Assignment
Considering the entries that follow, report how many lines include the string "OrderedBy", giving the number alone.

Data for this task
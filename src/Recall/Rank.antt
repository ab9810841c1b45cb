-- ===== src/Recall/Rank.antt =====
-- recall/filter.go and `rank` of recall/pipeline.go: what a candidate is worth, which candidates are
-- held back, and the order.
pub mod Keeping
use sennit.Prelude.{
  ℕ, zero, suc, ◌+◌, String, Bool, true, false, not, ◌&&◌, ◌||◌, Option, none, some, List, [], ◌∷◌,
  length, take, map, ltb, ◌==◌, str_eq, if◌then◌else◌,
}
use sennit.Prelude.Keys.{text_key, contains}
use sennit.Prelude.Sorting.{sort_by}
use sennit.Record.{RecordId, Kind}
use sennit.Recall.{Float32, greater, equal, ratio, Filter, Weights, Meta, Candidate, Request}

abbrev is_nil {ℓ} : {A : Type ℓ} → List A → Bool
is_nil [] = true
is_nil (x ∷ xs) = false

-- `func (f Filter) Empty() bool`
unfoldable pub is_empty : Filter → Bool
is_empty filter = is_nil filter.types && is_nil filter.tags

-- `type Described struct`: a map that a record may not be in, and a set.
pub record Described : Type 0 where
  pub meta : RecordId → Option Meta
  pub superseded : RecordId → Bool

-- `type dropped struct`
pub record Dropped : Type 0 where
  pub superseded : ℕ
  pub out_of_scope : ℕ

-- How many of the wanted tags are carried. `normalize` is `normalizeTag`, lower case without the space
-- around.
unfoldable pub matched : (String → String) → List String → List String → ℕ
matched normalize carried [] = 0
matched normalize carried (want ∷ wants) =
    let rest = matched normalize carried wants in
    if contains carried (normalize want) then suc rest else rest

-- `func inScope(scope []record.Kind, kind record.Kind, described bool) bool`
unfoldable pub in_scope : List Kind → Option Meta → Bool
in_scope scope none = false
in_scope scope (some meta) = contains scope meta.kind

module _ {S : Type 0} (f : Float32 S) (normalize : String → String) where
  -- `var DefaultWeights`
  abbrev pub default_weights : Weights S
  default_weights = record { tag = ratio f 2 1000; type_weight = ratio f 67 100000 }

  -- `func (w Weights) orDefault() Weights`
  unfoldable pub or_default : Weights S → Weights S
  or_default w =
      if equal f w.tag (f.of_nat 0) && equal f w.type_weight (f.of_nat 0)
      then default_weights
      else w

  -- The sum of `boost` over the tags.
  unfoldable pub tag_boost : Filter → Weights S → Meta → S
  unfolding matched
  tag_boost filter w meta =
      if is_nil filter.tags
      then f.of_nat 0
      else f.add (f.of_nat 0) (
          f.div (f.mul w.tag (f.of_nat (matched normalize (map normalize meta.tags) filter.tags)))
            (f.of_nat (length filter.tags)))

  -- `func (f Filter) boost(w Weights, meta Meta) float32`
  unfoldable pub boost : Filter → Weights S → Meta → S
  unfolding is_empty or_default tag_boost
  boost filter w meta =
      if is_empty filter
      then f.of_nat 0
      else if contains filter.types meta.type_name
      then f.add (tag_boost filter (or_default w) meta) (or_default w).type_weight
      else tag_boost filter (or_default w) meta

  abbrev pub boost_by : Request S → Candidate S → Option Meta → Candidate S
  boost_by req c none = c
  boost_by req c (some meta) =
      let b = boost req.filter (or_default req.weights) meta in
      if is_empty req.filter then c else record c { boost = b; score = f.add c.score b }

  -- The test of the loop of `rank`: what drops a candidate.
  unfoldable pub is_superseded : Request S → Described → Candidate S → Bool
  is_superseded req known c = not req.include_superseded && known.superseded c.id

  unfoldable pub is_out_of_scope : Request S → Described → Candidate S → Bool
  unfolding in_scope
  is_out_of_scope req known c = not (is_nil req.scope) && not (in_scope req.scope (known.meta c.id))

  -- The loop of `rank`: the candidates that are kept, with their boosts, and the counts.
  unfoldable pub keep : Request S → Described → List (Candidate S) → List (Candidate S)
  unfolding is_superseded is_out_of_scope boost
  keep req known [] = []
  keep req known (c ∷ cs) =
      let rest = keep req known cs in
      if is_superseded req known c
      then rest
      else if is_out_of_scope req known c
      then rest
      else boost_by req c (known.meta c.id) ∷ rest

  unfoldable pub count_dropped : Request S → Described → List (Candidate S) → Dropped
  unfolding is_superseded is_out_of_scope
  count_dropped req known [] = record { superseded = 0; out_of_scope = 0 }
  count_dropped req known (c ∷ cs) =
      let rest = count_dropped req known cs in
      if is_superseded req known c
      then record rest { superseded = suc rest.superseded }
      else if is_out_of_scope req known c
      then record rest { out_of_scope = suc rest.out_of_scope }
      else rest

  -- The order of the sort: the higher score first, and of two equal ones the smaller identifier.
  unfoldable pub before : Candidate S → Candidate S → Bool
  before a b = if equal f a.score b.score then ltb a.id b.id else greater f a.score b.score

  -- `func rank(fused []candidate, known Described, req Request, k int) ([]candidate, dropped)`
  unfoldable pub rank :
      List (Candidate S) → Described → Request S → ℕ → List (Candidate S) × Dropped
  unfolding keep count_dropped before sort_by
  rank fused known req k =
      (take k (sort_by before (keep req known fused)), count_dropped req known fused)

--

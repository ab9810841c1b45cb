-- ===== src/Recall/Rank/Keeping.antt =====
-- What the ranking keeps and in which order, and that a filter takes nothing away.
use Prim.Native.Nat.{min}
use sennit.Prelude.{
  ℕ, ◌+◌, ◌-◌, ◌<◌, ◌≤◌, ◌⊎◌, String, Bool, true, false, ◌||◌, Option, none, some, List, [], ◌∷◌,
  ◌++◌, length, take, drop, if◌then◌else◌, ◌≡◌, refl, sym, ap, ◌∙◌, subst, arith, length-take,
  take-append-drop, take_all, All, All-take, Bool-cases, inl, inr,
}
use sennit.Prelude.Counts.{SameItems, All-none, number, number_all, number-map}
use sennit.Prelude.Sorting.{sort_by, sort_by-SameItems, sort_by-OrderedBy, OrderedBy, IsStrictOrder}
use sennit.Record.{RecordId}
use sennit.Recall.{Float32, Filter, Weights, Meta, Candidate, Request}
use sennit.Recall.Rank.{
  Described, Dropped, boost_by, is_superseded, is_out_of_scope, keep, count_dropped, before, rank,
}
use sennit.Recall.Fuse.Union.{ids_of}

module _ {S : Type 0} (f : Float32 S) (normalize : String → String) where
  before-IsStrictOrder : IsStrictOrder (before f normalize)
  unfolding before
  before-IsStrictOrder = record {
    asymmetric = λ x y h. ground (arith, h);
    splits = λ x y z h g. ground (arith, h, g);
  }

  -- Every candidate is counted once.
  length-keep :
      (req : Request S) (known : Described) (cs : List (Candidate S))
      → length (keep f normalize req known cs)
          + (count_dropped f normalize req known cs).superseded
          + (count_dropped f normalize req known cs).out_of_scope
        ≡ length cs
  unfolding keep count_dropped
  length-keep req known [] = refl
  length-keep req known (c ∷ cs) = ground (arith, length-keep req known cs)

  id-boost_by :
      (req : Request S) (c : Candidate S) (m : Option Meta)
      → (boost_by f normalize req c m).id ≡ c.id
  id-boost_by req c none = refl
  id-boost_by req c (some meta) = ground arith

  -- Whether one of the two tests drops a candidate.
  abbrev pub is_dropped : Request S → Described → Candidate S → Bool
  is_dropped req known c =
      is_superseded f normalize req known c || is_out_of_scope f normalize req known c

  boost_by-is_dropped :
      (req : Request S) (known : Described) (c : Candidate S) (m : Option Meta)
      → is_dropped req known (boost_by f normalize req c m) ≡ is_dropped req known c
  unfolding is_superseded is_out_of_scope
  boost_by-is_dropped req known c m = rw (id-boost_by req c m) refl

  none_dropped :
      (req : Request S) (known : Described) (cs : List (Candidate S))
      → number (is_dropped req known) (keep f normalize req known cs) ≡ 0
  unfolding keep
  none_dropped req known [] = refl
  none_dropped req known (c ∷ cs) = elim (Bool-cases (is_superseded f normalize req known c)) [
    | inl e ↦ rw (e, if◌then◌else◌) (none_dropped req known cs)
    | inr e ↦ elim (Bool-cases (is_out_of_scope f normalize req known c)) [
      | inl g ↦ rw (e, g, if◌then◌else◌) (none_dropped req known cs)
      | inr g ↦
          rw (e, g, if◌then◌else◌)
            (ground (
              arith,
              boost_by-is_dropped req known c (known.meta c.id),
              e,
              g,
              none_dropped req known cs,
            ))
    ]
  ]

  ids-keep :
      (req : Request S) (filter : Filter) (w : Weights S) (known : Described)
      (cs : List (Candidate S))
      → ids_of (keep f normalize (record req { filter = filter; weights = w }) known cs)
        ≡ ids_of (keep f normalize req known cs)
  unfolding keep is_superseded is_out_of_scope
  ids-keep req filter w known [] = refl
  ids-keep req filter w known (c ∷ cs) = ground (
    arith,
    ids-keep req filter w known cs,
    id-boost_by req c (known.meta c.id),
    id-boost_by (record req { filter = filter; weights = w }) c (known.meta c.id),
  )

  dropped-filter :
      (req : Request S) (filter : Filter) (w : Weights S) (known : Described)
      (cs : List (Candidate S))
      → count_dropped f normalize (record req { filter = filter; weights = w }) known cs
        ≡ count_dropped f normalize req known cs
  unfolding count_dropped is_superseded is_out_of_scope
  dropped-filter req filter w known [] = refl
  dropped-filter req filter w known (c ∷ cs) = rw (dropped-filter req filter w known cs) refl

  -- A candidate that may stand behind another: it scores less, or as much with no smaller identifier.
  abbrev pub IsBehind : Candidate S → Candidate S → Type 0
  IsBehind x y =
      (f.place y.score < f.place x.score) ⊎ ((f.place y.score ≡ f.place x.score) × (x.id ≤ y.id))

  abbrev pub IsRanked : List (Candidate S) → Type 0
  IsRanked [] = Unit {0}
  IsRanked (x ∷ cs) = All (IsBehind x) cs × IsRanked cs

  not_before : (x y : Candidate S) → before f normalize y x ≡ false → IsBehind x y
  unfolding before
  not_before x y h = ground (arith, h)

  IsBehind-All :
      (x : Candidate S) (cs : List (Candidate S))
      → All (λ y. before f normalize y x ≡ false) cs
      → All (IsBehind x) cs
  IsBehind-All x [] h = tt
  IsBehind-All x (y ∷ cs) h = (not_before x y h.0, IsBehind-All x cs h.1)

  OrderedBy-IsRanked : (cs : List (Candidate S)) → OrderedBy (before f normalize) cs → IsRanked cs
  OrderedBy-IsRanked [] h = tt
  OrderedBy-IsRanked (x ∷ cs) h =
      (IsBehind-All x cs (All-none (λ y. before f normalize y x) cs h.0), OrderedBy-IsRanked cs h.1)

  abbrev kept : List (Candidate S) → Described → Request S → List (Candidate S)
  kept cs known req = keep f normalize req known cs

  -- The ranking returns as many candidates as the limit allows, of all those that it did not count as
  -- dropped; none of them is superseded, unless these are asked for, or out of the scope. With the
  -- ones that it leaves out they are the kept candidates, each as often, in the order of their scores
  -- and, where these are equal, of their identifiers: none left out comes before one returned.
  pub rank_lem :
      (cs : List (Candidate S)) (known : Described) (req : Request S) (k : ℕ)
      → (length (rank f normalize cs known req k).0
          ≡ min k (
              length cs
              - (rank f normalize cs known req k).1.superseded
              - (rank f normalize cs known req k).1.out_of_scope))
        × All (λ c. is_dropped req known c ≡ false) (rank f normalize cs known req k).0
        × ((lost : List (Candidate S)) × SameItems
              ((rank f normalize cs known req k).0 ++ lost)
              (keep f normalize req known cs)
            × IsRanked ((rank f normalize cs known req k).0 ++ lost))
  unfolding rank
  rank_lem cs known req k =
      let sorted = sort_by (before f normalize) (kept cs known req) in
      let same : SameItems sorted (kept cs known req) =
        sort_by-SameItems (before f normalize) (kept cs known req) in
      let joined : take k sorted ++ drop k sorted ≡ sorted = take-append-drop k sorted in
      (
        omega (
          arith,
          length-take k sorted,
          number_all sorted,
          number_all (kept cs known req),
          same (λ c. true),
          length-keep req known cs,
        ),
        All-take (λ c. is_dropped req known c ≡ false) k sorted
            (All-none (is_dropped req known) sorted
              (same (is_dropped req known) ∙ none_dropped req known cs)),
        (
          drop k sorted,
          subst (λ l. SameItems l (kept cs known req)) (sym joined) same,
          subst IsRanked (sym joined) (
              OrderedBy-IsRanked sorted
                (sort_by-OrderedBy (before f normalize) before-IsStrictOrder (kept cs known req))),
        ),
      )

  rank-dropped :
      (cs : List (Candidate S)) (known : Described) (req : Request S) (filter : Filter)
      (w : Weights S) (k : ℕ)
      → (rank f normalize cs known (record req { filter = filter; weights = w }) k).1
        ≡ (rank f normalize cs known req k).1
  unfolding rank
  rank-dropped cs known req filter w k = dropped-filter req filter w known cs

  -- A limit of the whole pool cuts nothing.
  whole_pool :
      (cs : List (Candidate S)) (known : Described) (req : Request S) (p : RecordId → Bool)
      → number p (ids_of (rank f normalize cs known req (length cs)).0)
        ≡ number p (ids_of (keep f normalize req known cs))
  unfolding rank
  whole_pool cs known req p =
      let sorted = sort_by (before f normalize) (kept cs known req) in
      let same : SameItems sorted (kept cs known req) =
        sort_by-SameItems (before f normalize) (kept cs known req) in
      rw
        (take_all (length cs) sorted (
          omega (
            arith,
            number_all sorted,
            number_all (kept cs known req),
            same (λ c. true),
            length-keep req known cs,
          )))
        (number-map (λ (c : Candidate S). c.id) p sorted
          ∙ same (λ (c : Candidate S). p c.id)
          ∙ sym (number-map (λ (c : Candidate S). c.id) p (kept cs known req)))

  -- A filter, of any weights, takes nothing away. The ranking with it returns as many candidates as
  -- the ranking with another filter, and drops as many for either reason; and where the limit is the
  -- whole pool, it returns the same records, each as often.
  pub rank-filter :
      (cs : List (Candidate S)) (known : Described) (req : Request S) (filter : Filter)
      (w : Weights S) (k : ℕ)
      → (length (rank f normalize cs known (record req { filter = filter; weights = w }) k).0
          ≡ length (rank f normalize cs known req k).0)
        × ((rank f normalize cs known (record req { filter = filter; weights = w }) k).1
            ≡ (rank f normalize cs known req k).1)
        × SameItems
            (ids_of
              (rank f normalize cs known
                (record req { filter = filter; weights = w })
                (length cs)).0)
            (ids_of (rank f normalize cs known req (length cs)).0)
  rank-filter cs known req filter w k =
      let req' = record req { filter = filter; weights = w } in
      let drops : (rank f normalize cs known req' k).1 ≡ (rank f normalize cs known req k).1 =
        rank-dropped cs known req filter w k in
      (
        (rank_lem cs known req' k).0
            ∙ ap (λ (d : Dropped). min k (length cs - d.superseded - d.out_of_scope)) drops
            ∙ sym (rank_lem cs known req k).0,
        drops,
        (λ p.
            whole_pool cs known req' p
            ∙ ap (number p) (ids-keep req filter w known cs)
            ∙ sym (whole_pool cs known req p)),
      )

Output
7